[Stored items]
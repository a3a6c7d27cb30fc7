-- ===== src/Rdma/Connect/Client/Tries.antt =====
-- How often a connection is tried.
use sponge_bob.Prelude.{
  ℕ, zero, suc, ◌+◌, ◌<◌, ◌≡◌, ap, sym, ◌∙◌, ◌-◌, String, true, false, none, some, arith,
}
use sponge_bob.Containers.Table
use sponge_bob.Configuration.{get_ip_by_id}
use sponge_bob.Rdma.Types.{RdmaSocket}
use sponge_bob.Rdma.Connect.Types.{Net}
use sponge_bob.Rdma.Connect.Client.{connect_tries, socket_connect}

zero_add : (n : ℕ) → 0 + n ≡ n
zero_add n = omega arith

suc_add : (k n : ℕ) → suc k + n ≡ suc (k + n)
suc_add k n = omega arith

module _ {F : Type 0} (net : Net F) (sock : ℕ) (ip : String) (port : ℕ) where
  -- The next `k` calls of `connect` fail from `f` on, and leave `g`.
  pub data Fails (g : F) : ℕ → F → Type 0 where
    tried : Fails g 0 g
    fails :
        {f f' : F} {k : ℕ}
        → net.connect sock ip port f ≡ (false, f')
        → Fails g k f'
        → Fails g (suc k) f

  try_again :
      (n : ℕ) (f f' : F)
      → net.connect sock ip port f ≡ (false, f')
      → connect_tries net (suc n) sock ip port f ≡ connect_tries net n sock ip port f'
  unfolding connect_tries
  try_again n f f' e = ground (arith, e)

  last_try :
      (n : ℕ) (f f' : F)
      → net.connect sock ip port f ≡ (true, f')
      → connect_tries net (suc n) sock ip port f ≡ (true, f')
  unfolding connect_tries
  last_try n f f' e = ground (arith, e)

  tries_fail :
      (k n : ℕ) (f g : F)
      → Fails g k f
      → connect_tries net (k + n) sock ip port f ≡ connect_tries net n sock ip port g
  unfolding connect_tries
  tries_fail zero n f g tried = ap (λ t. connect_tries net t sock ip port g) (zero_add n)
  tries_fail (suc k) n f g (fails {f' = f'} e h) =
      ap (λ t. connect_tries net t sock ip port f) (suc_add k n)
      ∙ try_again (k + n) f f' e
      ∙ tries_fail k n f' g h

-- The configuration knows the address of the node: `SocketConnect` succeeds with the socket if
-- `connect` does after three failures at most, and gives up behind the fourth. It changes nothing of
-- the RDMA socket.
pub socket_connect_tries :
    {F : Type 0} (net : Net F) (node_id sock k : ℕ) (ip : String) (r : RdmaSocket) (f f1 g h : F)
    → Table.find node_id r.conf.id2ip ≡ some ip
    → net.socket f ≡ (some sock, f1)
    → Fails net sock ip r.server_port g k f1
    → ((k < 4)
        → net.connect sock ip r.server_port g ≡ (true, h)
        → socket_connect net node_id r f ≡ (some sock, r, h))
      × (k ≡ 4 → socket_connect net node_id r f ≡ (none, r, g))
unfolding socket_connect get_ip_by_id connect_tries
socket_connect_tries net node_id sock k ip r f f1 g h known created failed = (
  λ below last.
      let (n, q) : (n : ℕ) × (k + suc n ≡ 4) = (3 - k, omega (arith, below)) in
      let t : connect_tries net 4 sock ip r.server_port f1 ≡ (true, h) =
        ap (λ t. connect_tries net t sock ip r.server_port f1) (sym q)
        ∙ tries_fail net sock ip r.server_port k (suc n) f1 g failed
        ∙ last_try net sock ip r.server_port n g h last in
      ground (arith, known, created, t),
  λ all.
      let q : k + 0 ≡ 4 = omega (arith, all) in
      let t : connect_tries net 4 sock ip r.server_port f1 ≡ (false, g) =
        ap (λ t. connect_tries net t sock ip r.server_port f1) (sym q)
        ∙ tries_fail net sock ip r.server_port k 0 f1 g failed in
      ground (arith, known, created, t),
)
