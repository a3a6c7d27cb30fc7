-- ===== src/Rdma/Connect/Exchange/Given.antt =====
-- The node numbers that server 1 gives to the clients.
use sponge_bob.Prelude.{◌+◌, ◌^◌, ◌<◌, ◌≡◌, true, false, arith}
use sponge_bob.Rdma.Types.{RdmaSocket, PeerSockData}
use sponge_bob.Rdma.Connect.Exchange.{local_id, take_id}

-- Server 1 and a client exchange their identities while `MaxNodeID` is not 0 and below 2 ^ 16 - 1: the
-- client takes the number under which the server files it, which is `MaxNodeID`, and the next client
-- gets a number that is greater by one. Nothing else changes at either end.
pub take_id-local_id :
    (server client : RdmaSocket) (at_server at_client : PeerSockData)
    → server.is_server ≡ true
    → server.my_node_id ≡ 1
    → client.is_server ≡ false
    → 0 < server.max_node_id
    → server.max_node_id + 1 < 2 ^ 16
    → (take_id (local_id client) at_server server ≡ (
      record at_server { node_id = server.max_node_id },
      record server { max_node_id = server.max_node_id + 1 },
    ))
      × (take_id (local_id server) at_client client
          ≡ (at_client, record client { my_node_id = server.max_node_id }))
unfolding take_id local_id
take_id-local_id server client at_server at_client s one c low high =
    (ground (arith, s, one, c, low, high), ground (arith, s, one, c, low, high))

▶ EXERCISE DETAILS: Reproduce all of the records, keeping every character unchanged.

▶ TASK ANSWER:
repository a3a6c7d27cb30fc7
-- ===== src/Rdma/Connect/Client/Tries.antt =====
-- How often a connection is tried.
use sponge_bob.Prelude.{
  ℕ, zero, suc, ◌+◌, ◌<◌, ◌≡◌, ap, sym, ◌∙◌, ◌-◌, String, true, false, none, some, arith,
}
use sponge_bob.Containers.Table
use sponge_bob.Configuration.{get_ip_by_id}
use sponge_bob.Rdma.Types.{RdmaSocket}
use sponge_bob.Rdma.Connect.Types.{Net}
use sponge_bob.Rdma.Connect.Client.{connect_tries, socket_connect}

zero_add : (n : ℕ) → 0 + n ≡ n
zero_add n = omega arith

suc_add : (k n : ℕ) → suc k + n ≡ suc (k + n)
suc_add k n = omega arith

module _ {F : Type 0} (net : Net F) (sock : ℕ) (ip : String) (port : ℕ) where
  -- The next `k` calls of `connect` fail from `f` on, and leave `g`.
  pub data Fails (g : F) : ℕ → F → Type 0 where
    tried : Fails g 0 g
    fails :
        {f f' : F} {k : ℕ}
        → net.connect sock ip port f ≡ (false, f')
        → Fails g k f'
        → Fails g (suc k) f

  try_again :
      (n : ℕ) (f f' : F)
      → net.connect sock ip port f ≡ (false, f')
      → connect_tries net (suc n) sock ip port f ≡ connect_tries net n sock ip port f'
  unfolding connect_tries
  try_again n f f' e = ground (arith, e)

  last_try :
      (n : ℕ) (f f' : F)
      → net.connect sock ip port f ≡ (true, f')
      → connect_tries net (suc n) sock ip port f ≡ (true, f')
  unfolding connect_tries
  last_try n f f' e = ground (arith, e)

  tries_fail :
      (k n : ℕ) (f g : F)
      → Fails g k f
      → connect_tries net (k + n) sock ip port f ≡ connect_tries net n sock ip port g
  unfolding connect_tries
  tries_fail zero n f g tried = ap (λ t. connect_tries net t sock ip port g) (zero_add n)
  tries_fail (suc k) n f g (fails {f' = f'} e h) =
      ap (λ t. connect_tries net t sock ip port f) (suc_add k n)
      ∙ try_again (k + n) f f' e
      ∙ tries_fail k n f' g h

-- The configuration knows the address of the node: `SocketConnect` succeeds with the socket if
-- `connect` does after three failures at most, and gives up behind the fourth. It changes nothing of
-- the RDMA socket.
pub socket_connect_tries :
    {F : Type 0} (net : Net F) (node_id sock k : ℕ) (ip : String) (r : RdmaSocket) (f f1 g h : F)
    → Table.find node_id r.conf.id2ip ≡ some ip
    → net.socket f ≡ (some sock, f1)
    → Fails net sock ip r.server_port g k f1
    → ((k < 4)
        → net.connect sock ip r.server_port g ≡ (true, h)
        → socket_connect net node_id r f ≡ (some sock, r, h))
      × (k ≡ 4 → socket_connect net node_id r f ≡ (none, r, g))
unfolding socket_connect get_ip_by_id connect_tries
socket_connect_tries net node_id sock k ip r f f1 g h known created failed = (
  λ below last.
      let (n, q) : (n : ℕ) × (k + suc n ≡ 4) = (3 - k, omega (arith, below)) in
      let t : connect_tries net 4 sock ip r.server_port f1 ≡ (true, h) =
        ap (λ t. connect_tries net t sock ip r.server_port f1) (sym q)
        ∙ tries_fail net sock ip r.server_port k (suc n) f1 g failed
        ∙ last_try net sock ip r.server_port n g h last in
      ground (arith, known, created, t),
  λ all.
      let q : k + 0 ≡ 4 = omega (arith, all) in
      let t : connect_tries net 4 sock ip r.server_port f1 ≡ (false, g) =
        ap (λ t. connect_tries net t sock ip r.server_port f1) (sym q)
        ∙ tries_fail net sock ip r.server_port k 0 f1 g failed in
      ground (arith, known, created, t),
)
repository a3a6c7d27cb30fc7
-- ===== src/Rdma/Connect/Exchange/Given.antt =====
-- The node numbers that server 1 gives to the clients.
use sponge_bob.Prelude.{◌+◌, ◌^◌, ◌<◌, ◌≡◌, true, false, arith}
use sponge_bob.Rdma.Types.{RdmaSocket, PeerSockData}
use sponge_bob.Rdma.Connect.Exchange.{local_id, take_id}

-- Server 1 and a client exchange their identities while `MaxNodeID` is not 0 and below 2 ^ 16 - 1: the
-- client takes the number under which the server files it, which is `MaxNodeID`, and the next client
-- gets a number that is greater by one. Nothing else changes at either end.
pub take_id-local_id :
    (server client : RdmaSocket) (at_server at_client : PeerSockData)
    → server.is_server ≡ true
    → server.my_node_id ≡ 1
    → client.is_server ≡ false
    → 0 < server.max_node_id
    → server.max_node_id + 1 < 2 ^ 16
    → (take_id (local_id client) at_server server ≡ (
      record at_server { node_id = server.max_node_id },
      record server { max_node_id = server.max_node_id + 1 },
    ))
      × (take_id (local_id server) at_client client
          ≡ (at_client, record client { my_node_id = server.max_node_id }))
unfolding take_id local_id
take_id-local_id server client at_server at_client s one c low high =
    (ground (arith, s, one, c, low, high), ground (arith, s, one, c, low, high))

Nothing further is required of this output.